To get my first job as a software dev, I prepared by doing algorithms (using
cracking the coding interview book). You really don't need any other resource,
I did every the problem in the book at least 5 times. The most important
lesson I learned here is to constantly redo problems you struggle with until
you know it like the back of your hands.

In my first job I realized that I like building tools that people use so I
focused on learning front end development.

The next job was a front end developer and to prepare I just refreshed my
algorithms using the same book and basic JavaScript knowledge. I negotiated
hard because I had nothing to lose (the worst case scenario was sticking to my
current job) and ended up with 200k total comp.

I recently interviewed for front-end roles and I've noticed a shift from
algorithms to practical tasks (building x app). Out of the 9 onsites I did, I
don't remember doing any complex algorithms, but instead there were alot of
hands-on coding to make sure I can code up challenges on the spot. For front
end engineers, I think algorithms is no longer a point of focus. I don't think
there are any practice resources that focuses on front end development, but my
friend is building [https://jsstation.com](https://jsstation.com) to address
this.

Dropbox, Amazon, Facebook offered separate interview tracks for front-end
development and generic software engineering.
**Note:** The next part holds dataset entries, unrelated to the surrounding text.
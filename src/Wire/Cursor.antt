-- ===== src/Wire/Cursor.antt =====
-- Steps over a reader of mpack and memory.
pub mod Steps
use haze.Memory.{M, Heap}

-- The reader, and memory.
pub record Cursor (R : Type 0) : Type 0 where
  pub reader : R
  pub heap : Heap

abbrev pub S {ℓ} : Type 0 → Type ℓ → Type ℓ
S R A = Cursor R → A × Cursor R

module _ {R : Type 0} where
  abbrev pub pure {ℓ} : {A : Type ℓ} → A → S R A
  pure a c = (a, c)

  infixl 5 ◌>>=◌ ◌>>◌
  abbrev pub ◌>>=◌ {ℓ κ} : {A : Type ℓ} {B : Type κ} → S R A → (A → S R B) → S R B
  ◌>>=◌ m f c = let (a, c') = m c in f a c'

  abbrev pub ◌>>◌ {κ} : {B : Type κ} → S R (Unit {0}) → S R B → S R B
  m >> n = m >>= λ _. n

  -- An action on memory.
  abbrev pub mem {ℓ} : {A : Type ℓ} → M A → S R A
  mem m c = let (a, h) = m c.heap in (a, record c { heap = h })

  -- A call of the reader, with and without a result.
  abbrev pub call {ℓ} : {A : Type ℓ} → (R → A × R) → S R A
  call f c = let (a, r) = f c.reader in (a, record c { reader = r })

  abbrev pub run : (R → R) → S R (Unit {0})
  run f c = (tt, record c { reader = f c.reader })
I ended up receiving a few offers and I was quite surprised by the numbers.
The top 3 are all between 250k - 310k total compensation packages, the lowest
base among them was 180k and the highest base was 210k. I'm quite surprised at
the big difference between what Glassdoor shows and what my friends and I are
making, perhaps someone here could shed some light.

I think you graduated 4 years after me, I hope you find some value here. Good
Luck!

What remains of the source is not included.